Perhaps the Lenten focus of today’s gospel narrative – whether we read it today, or, as in the ecumenical version of the new lectionary, on the Sunday before Lent as a pivotal preparation – not only gives us the promise of the gift of that uncreated light, but also illuminates our lack of faith, our obsession with minutiae, our possessiveness about the things of God. As David Jenkins once said, ‘everyone sins, and religious people sin religiously.’ But whenever we begin to flay ourselves for these shortcomings, it is time to receive proper spiritual nourishment.
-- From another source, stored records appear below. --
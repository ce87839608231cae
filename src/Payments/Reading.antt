-- ===== src/Payments/Reading.antt =====
-- apps/api/src/payments/service.ts: `getPayment` and `listPaymentsForInvoice`, which a deleted payment is
-- hidden from.
use mathlib.Core.Path.{subst}
use invoicing_platform.Prelude.{
  ℕ, ◌+◌, ◌≡◌, ap, inl, inr, Bool, Bool-cases, true, false, ◌&&◌, ◌||◌, not, Option, none, some,
  List, [], ◌∷◌, ◌==◌, arith, first, select, first-update-none, is_some, if◌then◌else◌,
}
use invoicing_platform.Database.{
  RowId, TransactionRow, PaymentApplicationRow, Database, ok, err, not_found, Tx, gets, ok-inj,
  bind-eq-ok, some_or_raise-eq-ok, failed_write, ◌>>=◌,
}
use invoicing_platform.Database.Statements.{update_transactions, write_audit_log}
use invoicing_platform.Payments.{
  PaymentContext, is_payment, is_applied_to, find_application, load_invoice, load_payment,
  void_payment, reverse_if_applied, DeletePaymentResult, deleted, delete_live_payment,
  delete_loaded, delete_payment, audit_row,
}

-- A payment that is not deleted.
abbrev pub is_live_payment : RowId → RowId → TransactionRow → Bool
is_live_payment org id t =
    t.org_id == org && t.id == id && (is_payment t.type && (false || not (is_some t.deleted_at)))

unfoldable pub get_payment : RowId → RowId → Database → Option TransactionRow
get_payment org id db = first (is_live_payment org id) db.transactions

abbrev find_live : RowId → RowId → Database → Option TransactionRow
find_live org id db =
    first (λ t. t.org_id == org && t.id == id && not (is_some t.deleted_at)) db.transactions

abbrev push_some : Option TransactionRow → List TransactionRow → List TransactionRow
push_some none rows = rows
push_some (some row) rows = row ∷ rows

abbrev payments_of : RowId → Database → List PaymentApplicationRow → List TransactionRow
payments_of org db [] = []
payments_of org db (a ∷ rest) =
    push_some (find_live org a.payment_txn_id db) (payments_of org db rest)

unfoldable pub list_payments_for_invoice : RowId → RowId → Tx (List TransactionRow)
list_payments_for_invoice org invoice_id = do
  invoice ← load_invoice org invoice_id
  gets (λ db. payments_of org db (select (is_applied_to org invoice_id) db.payment_applications))

abbrev IsHidden : RowId → RowId → Database → Type 0
IsHidden org id db = first (is_live_payment org id) db.transactions ≡ none

dead : (a b c : Bool) → (a && b && (c && false)) ≡ false
dead a b c = ground arith

other : (a b c : Bool) → (a && b) ≡ false → (a && b && c) ≡ false
other a b c h = ground arith

-- What `deletePayment` writes, and to which rows.
abbrev stamped : TransactionRow → ℕ → TransactionRow → TransactionRow
stamped row now t = record t { deleted_at = some now; version = row.version + 1; updated_at = now }

abbrev is_row_of : RowId → RowId → TransactionRow → Bool
is_row_of org id t = t.org_id == org && t.id == id

stamped_hidden :
    (org id : RowId) (row : TransactionRow) (now : ℕ) (t : TransactionRow)
    → is_live_payment org id (if is_row_of org id t then stamped row now t else t) ≡ false
stamped_hidden org id row now t = elim (Bool-cases (is_row_of org id t)) [
  | inl e ↦ rw e (dead (t.org_id == org) (t.id == id) _)
  | inr e ↦ rw e (other (t.org_id == org) (t.id == id) _ e)
]

update-IsHidden :
    (org id : RowId) (row : TransactionRow) (db out : Database) (o : Option TransactionRow)
    → update_transactions (is_row_of org id) (stamped row) db ≡ ok (o, out)
    → IsHidden org id out
unfolding update_transactions
update-IsHidden org id row db out o h =
    rw (← ap (λ (y : Option TransactionRow × Database). (y.1).transactions) (ok-inj h)) (
      first-update-none (is_live_payment org id) (is_row_of org id) (stamped row db.now)
        db.transactions (stamped_hidden org id row db.now))

audit-IsHidden :
    (ctx : PaymentContext) (org id : RowId) (db out : Database)
    → write_audit_log (audit_row ctx id "delete") db ≡ ok (tt, out)
    → IsHidden org id db
    → IsHidden org id out
unfolding write_audit_log
audit-IsHidden ctx org id db out h hidden =
    rw (← ap (λ (y : Unit {0} × Database). (y.1).transactions) (ok-inj h)) hidden

loaded-IsHidden :
    (ctx : PaymentContext) (id : RowId) (loaded : TransactionRow) (d : Option ℕ) (db out : Database)
    (row : TransactionRow) (summary : Option TransactionRow)
    → delete_loaded ctx id loaded d db ≡ ok (deleted row summary, out)
    → IsHidden ctx.org_id id out
unfolding delete_live_payment
loaded-IsHidden ctx id loaded (some n) db out row summary h = absurd (cc)
loaded-IsHidden ctx id loaded none db out row summary h =
    let (s, mid, _, h1) =
      bind-eq-ok (reverse_if_applied ctx loaded (find_application ctx.org_id id db)) _ db h in
    let (o, mid', e, h2) =
      bind-eq-ok (update_transactions (is_row_of ctx.org_id id) (stamped loaded)) _ mid h1 in
    let (r, _, h3) = some_or_raise-eq-ok o failed_write _ mid' h2 in
    let (u, last, k, h4) = bind-eq-ok (write_audit_log (audit_row ctx id "delete")) _ mid' h3 in
    subst (IsHidden ctx.org_id id) (ap (λ (y : DeletePaymentResult × Database). y.1) (ok-inj h4)) (
      audit-IsHidden ctx ctx.org_id id mid' last k
        (update-IsHidden ctx.org_id id loaded mid mid' o e))

-- Once a deletion of a payment has gone through, the payment is found no more, and a void of it fails
-- as not found.
pub delete_payment-hides :
    (ctx : PaymentContext) (id : RowId) (db out : Database) (row : TransactionRow)
    (summary : Option TransactionRow)
    → delete_payment ctx id db ≡ ok (deleted row summary, out)
    → (get_payment ctx.org_id id out ≡ none) × (void_payment ctx id out ≡ err not_found)
unfolding delete_payment load_payment get_payment void_payment
delete_payment-hides ctx id db out row summary h =
    let (loaded, mid, _, h1) = bind-eq-ok (load_payment true ctx.org_id id) _ db h in
    let hidden = loaded-IsHidden ctx id loaded loaded.deleted_at mid out row summary h1 in
    (hidden, rw hidden)
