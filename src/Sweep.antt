-- ===== src/Sweep.antt =====
-- apps/api/src/qbo/retry-sweep.ts: the failed links whose wait is over are tried again.
pub mod Query
pub mod Literal
pub mod Reconcile
pub mod Retry
pub mod Groups
pub mod Total
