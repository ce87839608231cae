-- ===== src/Sweep/Query.antt =====
-- apps/api/src/qbo/retry-sweep.ts: the conditions of the queries for a record that may exist in QBO.
use invoicing_platform.Prelude.{Option, some, [], ◌∷◌, ◌++◌, ◌==◌, if◌then◌else◌}
use invoicing_platform.Money.{Text}
use invoicing_platform.Inbound.Body.{codes}

-- `value.replace(/\\/g, '\\\\')`
abbrev pub escape_backslashes : Text → Text
escape_backslashes [] = []
escape_backslashes (c ∷ s) =
    let rest = escape_backslashes s in if c == b'\\' then b'\\' ∷ b'\\' ∷ rest else c ∷ rest

-- `value.replace(/'/g, "\\'")`
abbrev pub escape_quotes : Text → Text
escape_quotes [] = []
escape_quotes (c ∷ s) =
    let rest = escape_quotes s in if c == 39 then b'\\' ∷ 39 ∷ rest else c ∷ rest

unfoldable pub escape_qbo_string : Text → Text
escape_qbo_string value = escape_quotes (escape_backslashes value)

-- `${column} = '${escapeQboString(value)}'`
abbrev equals : Text → Text → Text
equals column value = column ++ (codes " = '" ++ (escape_qbo_string value ++ (39 ∷ [])))

-- An empty text is no text.
abbrev by_first : Text → Option Text → Text → Text → Text
by_first column (some (c ∷ s)) other value = equals column (c ∷ s)
by_first column _ other value = equals other value

unfoldable pub build_document_create_where : Option Text → Text → Text
build_document_create_where doc_number txn_date =
    by_first (codes "DocNumber") doc_number (codes "TxnDate") txn_date

unfoldable pub build_contact_create_where : Option Text → Text → Text
build_contact_create_where email display_name =
    by_first (codes "PrimaryEmailAddr.Address") email (codes "DisplayName") display_name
In 1837, the Danish theologian and educational reformer, Nikolai Grundtvig published a collection of hymns that reflect his ‘Greek Awakening’, a period of study that led him, in the classical Lutheran style, to the Greek Fathers. Only a few years earlier, the great statue of Christ – the Transfiguration Christ – by the neo-classical sculptor, Bertel Thorvaldsen, had been put in position behind the high altar of the newly-rebuilt Church of Our Lady in the nation’s capital. In a hymn of no fewer than fifteen verses, Grundtvig ruminates on the Lucan narrative of this strange mountain-top event, which he describes as taking place in a ‘cloud tent’. There are the disciples, and along come Moses and Elijah, representing the two arms of Jewish tradition, the Law and the Prophets, and they are subsumed by the Word and the Spirit. Each verse ends with ‘it is good to be there’, or ‘it is good to listen’, or ‘it is good to treasure’. In the final verse, Grundtvig nudges worshippers towards the ‘bath and board’ of Christ himself, in order to recall our own baptism and to feed at the eucharistic altar.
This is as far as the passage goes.